Stereotactic Body Radiotherapy (SBRT)
SBRT uses high conformal, high-dose radiation
delivered precisely using imaging techniques. It may be considered in patients
with limited metastatic disease to the vertebra or paravertebral regions when
ablation is to be achieved, in oligometastatic progression to achieve
progression-free survival, and in symptomatic patients with lesions in or
immediately adjacent to a previously irradiated treatment field. It may also be
considered an alternative to conventionally fractionated regimens or EBRT in
unfavorable intermediate- or high-risk patients when combined with ADT when external
beam radiotherapy is medically challenging.
Proton Beam Therapy
Proton beam therapy delivers less radiation to
surrounding normal tissues thereby decreasing the long-term treatment morbidity.

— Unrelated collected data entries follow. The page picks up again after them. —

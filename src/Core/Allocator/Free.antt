-- ===== src/Core/Allocator/Free.antt =====
-- Giving a page back.
use aegis_hv.Common.{
  ℕ, ◌+◌, ◌%◌, ◌<◌, ◌≤◌, true, false, ◌||◌, not, some, List, ◌==◌, ok, err, ok_or, fail_if, ◌≡◌,
  ◌≢◌, refl, arith, Bool-cases, inl, inr, All, Result-cases, ap, >>=-eq-ok, subst, ◌∙◌, All-both,
}
use aegis_hv.Core.Errors.{invalid_address, double_free}
use aegis_hv.Core.Hugepage.Runs.{ok_or-ok}
use aegis_hv.Core.Allocator.{PhysicalPageAllocator, position, free_page, free}
use aegis_hv.Core.Allocator.FreeList.{PageRun, remove_at, insert_free_run}
use aegis_hv.Core.Allocator.Runs.{in_page, covers}
use aegis_hv.Core.Allocator.Insert.{insert_free_run_lem}
use aegis_hv.Core.Allocator.Pages.{
  in_pages, remove_at_lem, remove_at-All, position-All, position-none,
}
use aegis_hv.Core.Allocator.Inv.{IsTaken, IsWellFormed, SameMemory}

-- An aligned address lies in no other aligned page.
other_page : (page q : ℕ) → page % 4096 ≡ 0 → q % 4096 ≡ 0 → q ≢ page → in_page page q ≡ false
other_page page q h k d = elim (Bool-cases (in_page page q)) [
  | inl inside ↦
      let bounds : (page ≤ q) × (q < page + 4096) = ground (arith, inside) in
      absurd (d (omega (arith, bounds.0, bounds.1, h, k)))
  | inr outside ↦ outside
]

-- The allocator after the page is freed.
abbrev freed : PhysicalPageAllocator → ℕ → List PageRun → PhysicalPageAllocator
freed a index runs = record a { free_runs = runs; allocated = remove_at index a.allocated }

-- A page that is given back is free and no longer allocated; nothing else changes.
abbrev pub Frees : ℕ → PhysicalPageAllocator → PhysicalPageAllocator → Type 0
Frees page a a' =
    IsWellFormed a'
    × SameMemory a a'
    × (page % 4096 ≡ 0)
    × (in_pages page a.allocated ≡ true)
    × All (λ q. q ≢ page) a'.allocated
    × ((x : ℕ) → covers x a'.free_runs ≡ (in_page page x || covers x a.free_runs))

freed_lem :
    (page index : ℕ) (a : PhysicalPageAllocator) (runs : List PageRun)
    → IsWellFormed a
    → position page a.allocated ≡ some index
    → insert_free_run a.runs_capacity (record { start = page; count = 1 }) a.free_runs ≡ ok runs
    → Frees page a (freed a index runs)
freed_lem page index a runs (ordered, fits, entries, pages, apart) found inserted =
    let (fresh, apart', size, cover) = remove_at_lem page a.allocated apart found in
    let (aligned, small, used) = position-All (IsTaken a.free_runs) page a.allocated pages found in
    let run : PageRun = record { start = page; count = 1 } in
    let (ordered', same, fits') =
      insert_free_run_lem a.runs_capacity run a.free_runs runs (omega arith, aligned, small) ordered
        fits inserted in
    let kept = remove_at-All (IsTaken a.free_runs) index a.allocated pages in
    (
      (
        ordered',
        fits',
        omega (arith, size, entries),
        All-both
            (λ q (aligned', small', used') d. (
              aligned',
              small',
              ground (arith, same q, other_page page q aligned aligned' d, used'),
            ))
            (remove_at index a.allocated) kept fresh,
        apart',
      ),
      λ x. ground (arith, same x, cover x),
      aligned,
      ground (arith, cover page),
      fresh,
      same,
    )

-- What `free` does when it succeeds.
pub free_page_lem :
    (page : ℕ) (a a' : PhysicalPageAllocator)
    → IsWellFormed a
    → free_page page a ≡ ok a'
    → Frees page a a'
unfolding free_page
free_page_lem page a a' wf done =
    let (_, aligned, h1) = >>=-eq-ok (fail_if (not (page % 4096 == 0)) invalid_address) _ done in
    let (index, found, h2) = >>=-eq-ok (ok_or (position page a.allocated) double_free) _ h1 in
    let run : PageRun = record { start = page; count = 1 } in
    let (runs, inserted, h3) = >>=-eq-ok (insert_free_run a.runs_capacity run a.free_runs) _ h2 in
    let e : freed a index runs ≡ a' = ground (arith, h3) in
    subst (Frees page a) e (
      freed_lem page index a runs wf (ok_or-ok (position page a.allocated) double_free found)
        inserted)

-- What `free` went through when it succeeded.
free-free_page :
    (page : ℕ) (a a' : PhysicalPageAllocator) → free page a ≡ (ok tt, a') → free_page page a ≡ ok a'
unfolding free
free-free_page page a a' done = elim (Result-cases (free_page page a)) [
  | inl (after, e) ↦ e ∙ ap ok (ground (arith, rw (e, free) at done))
  | inr (_, e) ↦ absurd (ground (arith, rw (e, free) at done))
]

-- The second `free` of a page.
free-again :
    (page : ℕ) (a : PhysicalPageAllocator)
    → page % 4096 ≡ 0
    → All (λ q. q ≢ page) a.allocated
    → free page a ≡ (err double_free, a)
unfolding free free_page
free-again page a aligned fresh =
    let aligned' : (page % 4096 == 0) ≡ true = ground (arith, aligned) in
    rw (free, free_page, aligned', position-none page a.allocated fresh) refl

-- A page that `free` accepts was allocated. It is free afterwards and no longer allocated, no
-- other address becomes free, the allocator holds the same memory and keeps its invariant; and a
-- second `free` of the page fails as a double free and changes nothing.
pub free_lem :
    (page : ℕ) (a a' : PhysicalPageAllocator)
    → IsWellFormed a
    → free page a ≡ (ok tt, a')
    → Frees page a a' × (free page a' ≡ (err double_free, a'))
free_lem page a a' wf done =
    let frees = free_page_lem page a a' wf (free-free_page page a a' done) in
    let (_, _, aligned, _, fresh, _) = frees in (frees, free-again page a' aligned fresh)
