-- ===== src/Core/Allocator/Reserve.antt =====
-- The reservation of a range of memory.
use aegis_hv.Common.{
  ℕ, ◌+◌, ◌-◌, ◌*◌, ◌/◌, ◌<◌, ◌≤◌, true, false, ◌&&◌, not, List, [], ◌∷◌, length, ltb, leb, ◌==◌,
  ok, ok_or, fail_if, ◌≡◌, refl, arith, Bool-cases, inl, inr, All-imp, ap, >>=-eq-ok, subst, ◌∙◌,
}
use aegis_hv.Common.Word.{checked_add, align_down}
use aegis_hv.Core.Errors.{invalid_address, overlap}
use aegis_hv.Core.Hugepage.Runs.{fail_if-ok}
use aegis_hv.Core.Allocator.{PhysicalPageAllocator, free_pages, hits_allocated, reserve_range}
use aegis_hv.Core.Allocator.FreeList.{PageRun, align_up, check_split, trim}
use aegis_hv.Core.Allocator.Runs.{covers}
use aegis_hv.Core.Allocator.Select.{align_up-eq}
use aegis_hv.Core.Allocator.Trim.{in_range, trim_lem}
use aegis_hv.Core.Allocator.Counts.{trim-Shrinks}
use aegis_hv.Core.Allocator.Insert.{room_lem}
use aegis_hv.Core.Allocator.Inv.{IsWellFormed, holds}
use aegis_hv.Core.Allocator.Pages.{in_pages}

hits_allocated-none :
    (start stop : ℕ) (pages : List ℕ)
    → hits_allocated start stop pages ≡ false
    → (x : ℕ) → in_range start stop x ≡ true
    → in_pages x pages ≡ false
unfolding hits_allocated in_pages
hits_allocated-none start stop [] h x inside = refl
hits_allocated-none start stop (p ∷ pages) h x inside =
    elim (Bool-cases (ltb p stop && ltb start (p + 4096))) [
      | inl hit ↦ absurd (ground (arith, rw (hit, hits_allocated) at h))
      | inr miss ↦
          let h' : hits_allocated start stop pages ≡ false = rw (miss, hits_allocated) at h in
          ground (arith, miss, hits_allocated-none start stop pages h' x inside)
    ]

-- The pages that the range touches, from its first to behind its last one.
abbrev pub first_page : ℕ → ℕ
first_page base = base / 4096 * 4096

abbrev pub last_page : ℕ → ℕ → ℕ
last_page base size = (base + size + 4095) / 4096 * 4096

-- What `reserve_range` leaves: the pages that the range touches are neither free nor allocated, no
-- other page changes, and the returned number is that of the pages that are free no longer.
abbrev pub Reserves : ℕ → ℕ → ℕ → PhysicalPageAllocator → PhysicalPageAllocator → Type 0
Reserves base size n a a' =
    IsWellFormed a'
    × (a'.allocated ≡ a.allocated)
    × ((x : ℕ)
        → covers x a'.free_runs
          ≡ (covers x a.free_runs && not (in_range (first_page base) (last_page base size) x)))
    × ((x : ℕ) → in_range base (base + size) x ≡ true → holds a' x ≡ false)
    × (n + free_pages a' ≡ free_pages a)

inner :
    (base size x : ℕ)
    → in_range base (base + size) x ≡ true
    → in_range (first_page base) (last_page base size) x ≡ true
inner base size x inside =
    let bounds : (base ≤ x) × (x < base + size) = ground (arith, inside) in
    let bounds' : (first_page base ≤ x) × (x < last_page base size) =
      (omega (arith, bounds.0), omega (arith, bounds.1)) in
    ground (arith, bounds')

sum_eq :
    (base size : ℕ) {raw_end : ℕ}
    → ok_or (checked_add base size) invalid_address ≡ ok raw_end
    → raw_end ≡ base + size
sum_eq base size h = ground (arith, h)

-- The allocator with the free list that the reservation leaves.
abbrev reserved : PhysicalPageAllocator → List PageRun → PhysicalPageAllocator
reserved a runs = record a { free_runs = runs }

reserved_lem :
    (base size : ℕ) (a : PhysicalPageAllocator) (runs : List PageRun)
    → IsWellFormed a
    → 0 < size
    → hits_allocated (first_page base) (last_page base size) a.allocated ≡ false
    → check_split
        (leb a.runs_capacity (length a.free_runs))
        (first_page base)
        (last_page base size)
        a.free_runs
      ≡ ok tt
    → trim (first_page base) (last_page base size) a.free_runs ≡ ok runs
    → Reserves base size (free_pages a - free_pages (reserved a runs)) a (reserved a runs)
unfolding free_pages
reserved_lem base size a runs (ordered, fits, entries, pages, apart) some_bytes miss checked
      trimmed =
    let start = first_page base in
    let stop = last_page base size in
    let before : start < stop = omega arith in
    let (ordered', same) =
      trim_lem start stop 0 a.free_runs runs (omega arith) (omega arith) before ordered trimmed in
    let (fewer, few) =
      trim-Shrinks (leb a.runs_capacity (length a.free_runs)) start stop 0 a.free_runs runs
        (omega arith) (omega arith) before ordered checked trimmed in
    (
      (
        ordered',
        omega (arith, few, room_lem a.runs_capacity (length a.free_runs) fits),
        entries,
        All-imp (λ q (aligned, small, used). (aligned, small, ground (arith, same q, used)))
            a.allocated pages,
        apart,
      ),
      refl,
      same,
      λ x inside.
          let inside' : in_range start stop x ≡ true = inner base size x inside in
          ground
            (arith, same x, inside', hits_allocated-none start stop a.allocated miss x inside'),
      omega (arith, fewer),
    )

-- A reservation that succeeds keeps the invariant and leaves no address of its range free or
-- allocated. No allocated page changes, no other page than those that the range touches is taken
-- out of the free list, and the returned number is that of the pages that are free no longer.
pub reserve_range_lem :
    (base size n : ℕ) (a a' : PhysicalPageAllocator)
    → IsWellFormed a
    → reserve_range base size a ≡ ok (n, a')
    → Reserves base size n a a'
unfolding reserve_range
reserve_range_lem base size n a a' (ordered, fits, entries, pages, apart) done =
    let (_, some_bytes, h1) = >>=-eq-ok (fail_if (size == 0) invalid_address) _ done in
    let (raw_end, sum, h2) = >>=-eq-ok (ok_or (checked_add base size) invalid_address) _ h1 in
    let start = align_down base 4096 in
    let (stop, up, h3) = >>=-eq-ok (align_up raw_end 4096) _ h2 in
    let (_, miss, h4) = >>=-eq-ok (fail_if (hits_allocated start stop a.allocated) overlap) _ h3 in
    let full = leb a.runs_capacity (length a.free_runs) in
    let (_, checked, h5) = >>=-eq-ok (check_split full start stop a.free_runs) _ h4 in
    let (runs, trimmed, h6) = >>=-eq-ok (trim start stop a.free_runs) _ h5 in
    let e : (free_pages a - free_pages (record a { free_runs = runs }) ≡ n)
        × (record a { free_runs = runs } ≡ a') =
      ground (arith, h6) in
    let stop_e : stop ≡ last_page base size =
      align_up-eq raw_end up ∙ ap (λ r. (r + 4095) / 4096 * 4096) (sum_eq base size sum) in
    let r =
      reserved_lem base size a runs (ordered, fits, entries, pages, apart)
        (ground (arith, fail_if-ok (size == 0) invalid_address some_bytes))
        (subst (λ s. hits_allocated start s a.allocated ≡ false) stop_e (fail_if-ok _ overlap miss))
        (subst (λ s. check_split full start s a.free_runs ≡ ok tt) stop_e checked)
        (subst (λ s. trim start s a.free_runs ≡ ok runs) stop_e trimmed) in
    subst (λ m. Reserves base size m a a') e.0
      (subst (Reserves base size (free_pages a - free_pages (reserved a runs)) a) e.1 r)
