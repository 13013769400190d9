-- ===== src/Core/Allocator/Reach.antt =====
-- The allocator along any sequence of its operations.
use aegis_hv.Common.{
  ℕ, true, Result, ok, err, ◌≡◌, arith, inl, inr, sym, Result-cases, ap, ◌∙◌, Method,
}
use aegis_hv.Core.Errors.{CoreErrorKind}
use aegis_hv.Core.Memory.{MemoryMap}
use aegis_hv.Core.Allocator.{
  PageAllocationConstraint, PhysicalPageAllocator, any, from_memory_map, allocate_within, allocate,
  allocate_zeroed, free, free_page, reserve_range, after_zeroing, after_allocation,
}
use aegis_hv.Core.Allocator.Pages.{in_pages, in_pages-nil}
use aegis_hv.Core.Allocator.Inv.{IsWellFormed, holds}
use aegis_hv.Core.Allocator.Allocate.{allocate_within-IsWellFormed}
use aegis_hv.Core.Allocator.Free.{free_page_lem}
use aegis_hv.Core.Allocator.Reserve.{reserve_range_lem}
use aegis_hv.Core.Allocator.Boot.{usable_at, from_memory_map_lem}

-- One call of an operation, whatever it returns.
pub data Step : PhysicalPageAllocator → PhysicalPageAllocator → Type 1 where
  allocating :
      (c : PageAllocationConstraint) (a : PhysicalPageAllocator) → Step a (allocate_within c a).1
  zeroing :
      {Z : Type 0} (zero_page : ℕ → Method Z CoreErrorKind (Unit {0})) (z : Z)
      (a : PhysicalPageAllocator)
      → Step a (allocate_zeroed zero_page (a, z)).1.0
  freeing : (page : ℕ) (a : PhysicalPageAllocator) → Step a (free page a).1
  reserving :
      (base size n : ℕ) (a a' : PhysicalPageAllocator)
      → reserve_range base size a ≡ ok (n, a')
      → Step a a'

pub data Reach (a : PhysicalPageAllocator) : PhysicalPageAllocator → Type 1 where
  start : Reach a a
  next : {b c : PhysicalPageAllocator} → Reach a b → Step b c → Reach a c

-- The allocator holds no memory that it did not hold before.
abbrev Keeps : PhysicalPageAllocator → PhysicalPageAllocator → Type 0
Keeps a a' = IsWellFormed a' × ((x : ℕ) → holds a' x ≡ true → holds a x ≡ true)

free-Keeps : (page : ℕ) (a : PhysicalPageAllocator) → IsWellFormed a → Keeps a (free page a).1
unfolding free
free-Keeps page a wf = elim (Result-cases (free_page page a)) [
  | inl (a', e) ↦
      let (wf', same, _, _, _, _) = free_page_lem page a a' wf e in
      rw (e, free) (wf', λ x h. sym (same x) ∙ h)
  | inr (_, e) ↦ rw (e, free) (wf, λ x h. h)
]

after_zeroing-Keeps :
    {Z : Type 0} (page : ℕ) (a : PhysicalPageAllocator)
    (zeroed : Result (Unit {0}) CoreErrorKind × Z)
    → IsWellFormed a
    → Keeps a (after_zeroing page a zeroed).1.0
unfolding after_zeroing
after_zeroing-Keeps page a (ok _, z) wf = (wf, λ x h. h)
after_zeroing-Keeps page a (err e, z) wf = free-Keeps page a wf

after_allocation-Keeps :
    {Z : Type 0} (zero_page : ℕ → Method Z CoreErrorKind (Unit {0})) (z : Z)
    (allocated : Result ℕ CoreErrorKind × PhysicalPageAllocator)
    → IsWellFormed allocated.1
    → Keeps allocated.1 (after_allocation zero_page z allocated).1.0
unfolding after_allocation
after_allocation-Keeps zero_page z (err e, a) wf = (wf, λ x h. h)
after_allocation-Keeps zero_page z (ok page, a) wf =
    after_zeroing-Keeps page a (zero_page page z) wf

allocate_zeroed-Keeps :
    {Z : Type 0} (zero_page : ℕ → Method Z CoreErrorKind (Unit {0})) (z : Z)
    (a : PhysicalPageAllocator)
    → IsWellFormed a
    → Keeps a (allocate_zeroed zero_page (a, z)).1.0
unfolding allocate_zeroed
allocate_zeroed-Keeps zero_page z a wf =
    let (wf', same) = allocate_within-IsWellFormed any a wf in
    let (wf'', kept) = after_allocation-Keeps zero_page z (allocate a) wf' in
    (wf'', λ x h. sym (same x) ∙ kept x h)

reserve_range-Keeps :
    (base size n : ℕ) (a a' : PhysicalPageAllocator)
    → IsWellFormed a
    → reserve_range base size a ≡ ok (n, a')
    → Keeps a a'
reserve_range-Keeps base size n a a' wf done =
    let (wf', pages, fewer, _, _) = reserve_range_lem base size n a a' wf done in
    (wf', λ x h. ground (arith, fewer x, ap (in_pages x) pages, h))

Step-Keeps : (a a' : PhysicalPageAllocator) → IsWellFormed a → Step a a' → Keeps a a'
Step-Keeps a a' wf (allocating c _) =
    let (wf', same) = allocate_within-IsWellFormed c a wf in (wf', λ x h. sym (same x) ∙ h)
Step-Keeps a a' wf (zeroing zero_page z _) = allocate_zeroed-Keeps zero_page z a wf
Step-Keeps a a' wf (freeing page _) = free-Keeps page a wf
Step-Keeps a a' wf (reserving base size n _ _ done) = reserve_range-Keeps base size n a a' wf done

Reach-Keeps : (a a' : PhysicalPageAllocator) → IsWellFormed a → Reach a a' → Keeps a a'
Reach-Keeps a a' wf start = (wf, λ x h. h)
Reach-Keeps a a' wf (next {b} before step) =
    let (wf', kept) = Reach-Keeps a b wf before in
    let (wf'', kept') = Step-Keeps b a' wf' step in (wf'', λ x h. kept x (kept' x h))

-- Whatever is called on an allocator that was made from a memory map, failing calls included, it
-- keeps its invariant: the free runs stand in order and do not touch, the allocated pages are
-- aligned, different and not free, and no list is longer than its array. All the memory that is
-- free or handed out lies in whole pages of usable regions of the map.
pub Reach-IsWellFormed :
    (runs_capacity pages_capacity : ℕ) (map : MemoryMap) (a a' : PhysicalPageAllocator)
    → from_memory_map runs_capacity pages_capacity map ≡ ok a
    → Reach a a'
    → IsWellFormed a' × ((x : ℕ) → holds a' x ≡ true → usable_at x map.regions ≡ true)
Reach-IsWellFormed runs_capacity pages_capacity map a a' made reach =
    let (wf, none_taken, same) = from_memory_map_lem runs_capacity pages_capacity map a made in
    let (wf', kept) = Reach-Keeps a a' wf reach in
    (
      wf',
      λ x h. sym (same x) ∙ ground (arith, kept x h, ap (in_pages x) none_taken, in_pages-nil x),
    )
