-- ===== src/Core/Allocator/RoundTrip.antt =====
-- An allocation is undone by giving the page back.
use aegis_hv.Common.{
  ℕ, zero, suc, ◌+◌, ◌-◌, ◌/◌, ◌%◌, ◌<◌, ◌≤◌, true, false, some, List, [], ◌∷◌, ◌++◌, length,
  get_or, ltb, leb, ◌==◌, Result, IsOk, ok, err, ◌>>=◌, ◌≡◌, ◌≢◌, refl, arith, Bool-cases, inl, inr,
  sym, All, All-imp, Result-cases, ap, subst, ◌∙◌, Method,
}
use aegis_hv.Core.Errors.{CoreErrorKind}
use aegis_hv.Core.Allocator.FreeList.{
  PageRun, empty_run, cut, splice, take_page_from_run, insert_free_run, remove_at,
}
use aegis_hv.Core.Allocator.Runs.{limit, in_run, covers, IsRun, Ordered}
use aegis_hv.Core.Allocator.Insert.{insert_free_run_lem}
use aegis_hv.Core.Allocator.Take.{IsAt, IsAt-length, splice-length, take_page_from_run_lem}
use aegis_hv.Core.Allocator.Fits.{HasRoom, IsApart, insert_free_run-IsOk}
use aegis_hv.Core.Allocator.Inv.{IsTaken, IsWellFormed, take_page-parts, take_page_lem}
use aegis_hv.Core.Allocator.Select.{select_lem}
use aegis_hv.Core.Allocator.Allocate.{allocate_within-take_page}
use aegis_hv.Core.Allocator.{
  PhysicalPageAllocator, PageAllocationConstraint, take_page, position, free, free_page,
  allocate_within, allocate_zeroed, after_allocation, after_zeroing, refuse, allocate, any,
}
use aegis_hv.Core.Allocator.Canonical.{Ordered-unique}

-- The run that holds the page.
IsAt-run :
    (index page stop : ℕ) (runs : List PageRun)
    → IsAt index page stop runs
    → let run = get_or runs index empty_run in
      (run.start ≤ page)
      × (page + 4096 ≤ stop)
      × (stop ≡ limit run)
      × ((x : ℕ) → in_run run x ≡ true → covers x runs ≡ true)
unfolding covers
IsAt-run zero page stop [] at = absurd at
IsAt-run (suc index) page stop [] at = absurd at
IsAt-run zero page stop (run ∷ runs) (from, _, until, e) =
    (from, until, e, λ x inside. ground (arith, inside))
IsAt-run (suc index) page stop (run ∷ runs) at =
    let (from, until, e, cover) = IsAt-run index page stop runs at in
    (from, until, e, λ x inside. ground (arith, cover x inside))

abbrev one_page : ℕ → PageRun
one_page page = record { start = page; count = 1 }

abbrev spliced : List PageRun → Result (List PageRun) CoreErrorKind
spliced = ok

-- A run of one page goes away.
whole_run :
    (capacity index page stop : ℕ) (runs out : List PageRun)
    → length runs ≤ capacity
    → index < length runs
    → (page - (get_or runs index empty_run).start) / 4096 ≡ 0
    → (stop - (page + 4096)) / 4096 ≡ 0
    → take_page_from_run capacity index page stop runs ≡ ok out
    → leb capacity (length out) ≡ false
unfolding take_page_from_run
whole_run capacity index page stop runs out fits at l r taken =
    let taken' : (cut (leb capacity (length runs)) (get_or runs index empty_run) (page + 4096) 0 0
          >>= λ new. spliced (splice index new runs))
        ≡ ok out =
      rw (take_page_from_run, l, r) at taken in
    let e : splice index [] runs ≡ out = unfold cut in ground (arith, taken') in
    let size : suc (length out) ≡ length runs =
      ap (λ xs. suc (length xs)) (sym e) ∙ omega (arith, splice-length index [] runs at) in
    ground (arith, size)

-- A list that a page was taken from has room for it.
take_page_from_run-HasRoom :
    (capacity index page stop : ℕ) (runs out : List PageRun)
    → Ordered 0 runs
    → length runs ≤ capacity
    → IsAt index page stop runs
    → take_page_from_run capacity index page stop runs ≡ ok out
    → HasRoom (leb capacity (length out)) (one_page page) out
take_page_from_run-HasRoom capacity index page stop runs out h fits at taken =
    let run = get_or runs index empty_run in
    let (from, until, e, cover) = IsAt-run index page stop runs at in
    let ((_, same), _) = take_page_from_run_lem capacity index page stop runs out h fits at taken in
    elim (Bool-cases (ltb run.start page)) [
      | inl left ↦
          let inside : in_run run (page - 1) ≡ true = ground (arith, left, until, e) in
          inr (
            inr (
              ground (arith, left),
              ground (arith, same (page - 1), cover (page - 1) inside, left),
            ))
      | inr no_left ↦ elim (Bool-cases (ltb (page + 4096) stop)) [
        | inl right ↦
            let inside : in_run run (page + 4096) ≡ true = ground (arith, from, right, e) in
            inr (inl (ground (arith, same (page + 4096), cover (page + 4096) inside)))
        | inr no_right ↦
            let l : page - run.start ≡ 0 = ground (arith, no_left) in
            let r : stop - (page + 4096) ≡ 0 = ground (arith, no_right) in
            inl (
              whole_run capacity index page stop runs out fits (IsAt-length index page stop runs at)
                (omega (arith, l)) (omega (arith, r)) taken)
      ]
    ]

-- The free list is as before, when the page is put back.
insert-take_page :
    (c : PageAllocationConstraint) (a : PhysicalPageAllocator) (page : ℕ) (runs : List PageRun)
    → IsWellFormed a
    → take_page c a ≡ ok (page, runs)
    → insert_free_run a.runs_capacity (one_page page) runs ≡ ok a.free_runs
insert-take_page c a page runs wf taken =
    let (ordered, fits, _, _, _) = wf in
    let (index, stop, found, cut, _) = take_page-parts c a page runs taken in
    let (j, e, at', _) = select_lem c 0 a.free_runs 0 index page stop ordered found in
    let at : IsAt index page stop a.free_runs =
      subst (λ i. IsAt i page stop a.free_runs) (omega (arith, e)) at' in
    let ((aligned, small, _, free), (ordered', same), few, _) =
      take_page_lem c a page runs wf taken in
    let is : IsRun (one_page page) = (omega arith, aligned, omega (arith, small)) in
    let apart : IsApart (one_page page) runs = λ x inside. ground (arith, same x, inside) in
    let room =
      take_page_from_run-HasRoom a.runs_capacity index page stop a.free_runs runs ordered fits at
        cut in
    elim (Result-cases (insert_free_run a.runs_capacity (one_page page) runs)) [
      | inl (out, done) ↦
          let (ordered'', same', _) =
            insert_free_run_lem a.runs_capacity (one_page page) runs out is ordered' few done in
          let cover : (x : ℕ) → covers x out ≡ covers x a.free_runs =
            λ x. ground (arith, same x, same' x, free x) in
          done ∙ ap ok (Ordered-unique 0 out a.free_runs ordered'' ordered cover)
      | inr (kind, bad) ↦ absurd (
          subst IsOk bad
            (insert_free_run-IsOk a.runs_capacity (one_page page) runs is ordered' apart room))
    ]

position-append :
    (page : ℕ) (pages : List ℕ)
    → All (λ q. q ≢ page) pages
    → position page (pages ++ (page ∷ [])) ≡ some (length pages)
unfolding position
position-append page [] h = ground arith
position-append page (p ∷ pages) h =
    let other : (p == page) ≡ false = ground (arith, h.0) in
    rw (other, position-append page pages h.1) refl

remove_at-append :
    (page : ℕ) (pages : List ℕ) → remove_at (length pages) (pages ++ (page ∷ [])) ≡ pages
unfolding remove_at splice
remove_at-append page [] = refl
remove_at-append page (p ∷ pages) = ap (λ ps. p ∷ ps) (remove_at-append page pages)

-- A page that is free is none of the allocated ones.
fresh :
    (runs : List PageRun) (page : ℕ) (pages : List ℕ)
    → covers page runs ≡ true
    → All (IsTaken runs) pages
    → All (λ q. q ≢ page) pages
fresh runs page pages free =
    All-imp (λ q (_, _, used) e. absurd (ground (arith, free, used, ap (λ p. covers p runs) e)))
      pages

-- Giving back the page that was just allocated succeeds and leaves the allocator as it was before
-- the allocation, with the same free runs and the same allocated pages.
pub free-allocate_within :
    (c : PageAllocationConstraint) (a a' : PhysicalPageAllocator) (page : ℕ)
    → IsWellFormed a
    → allocate_within c a ≡ (ok page, a')
    → free page a' ≡ (ok tt, a)
unfolding free free_page
free-allocate_within c a a' page wf done =
    let (runs, taken, e) = allocate_within-take_page c a a' page done in
    let ((aligned, _, _, is_free), _, _, _) = take_page_lem c a page runs wf taken in
    let (_, _, _, pages, _) = wf in
    let aligned' : (page % 4096 == 0) ≡ true = ground (arith, aligned) in
    let found =
      position-append page a.allocated
        (fresh a.free_runs page a.allocated (is_free page (ground arith)) pages) in
    rw (sym e) (
      rw
        (
          free,
          free_page,
          aligned',
          found,
          insert-take_page c a page runs wf taken,
          remove_at-append page a.allocated,
        )
        refl)

-- If the page that was allocated cannot be zeroed, then `allocate_zeroed` returns the error of the
-- zeroing and leaves the allocator as it was.
pub allocate_zeroed-failed :
    {Z : Type 0} (zero_page : ℕ → Method Z CoreErrorKind (Unit {0})) (a a' : PhysicalPageAllocator)
    (z z' : Z) (page : ℕ) (e : CoreErrorKind)
    → IsWellFormed a
    → allocate a ≡ (ok page, a')
    → zero_page page z ≡ (err e, z')
    → allocate_zeroed zero_page (a, z) ≡ (err e, (a, z'))
unfolding allocate_zeroed after_allocation after_zeroing refuse
allocate_zeroed-failed zero_page a a' z z' page e wf done failed =
    let back = free-allocate_within any a a' page wf done in
    rw (allocate_zeroed, done, failed, back) refl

Further studies are needed to prove the efficacy of proton therapy against
prostate cancer and its superiority to photon-based radiation therapy.
Radiopharmaceutical Therapy
Radiopharmaceutical therapy includes Radium-223
dichloride and ß-emitting agents (Strontium-89, Samarium-153, Lutetium-177
[Lutetium Lu 177 vipivotide tetraxetan, 177Lu-PSMA-617,
Lu-177-PSMA-617]). It eradicates malignant cells using radioactive atoms
delivered to tumor-associated targets. It is an option for palliative treatment
of patients with metastatic disease.
Beta-Emitting Radioactive Agents
Examples:
Strontium-89 (Sr-89, 89Sr), Samarium-153 (Sm-153, 153Sm), Lutetium-177
Beta-emitting radioactive agents are used for
palliative treatment of painful bone or widespread metastases that are not
eligible for chemotherapy. Lutetium-177 is a treatment of option for patients
with ≥1 PSMA-positive lesion and/or metastatic disease that is predominantly
PSMA-positive and with no dominant PSMA-negative metastatic lesion previously
treated with androgen receptor-directed therapy and a taxane-based
chemotherapy.
Radium-223 dichloride
Radium-223 is an alpha particle-emitting radioactive
agent used for mCRPC with symptomatic bone metastases but without visceral
involvement. Studies have shown that patients given Radium-223 had better
overall survival and time to appearance of symptomatic bone events than those
given placebo.
Palliative Therapy
Single fraction EBRT is
recommended for palliation of uncomplicated, painful bone metastasis. The recommended
dose for non-vertebral metastases is 800 cGy x 1 fraction and for widespread
bone metastases is Sr-89 or Sm-153 with or without focal EBRT.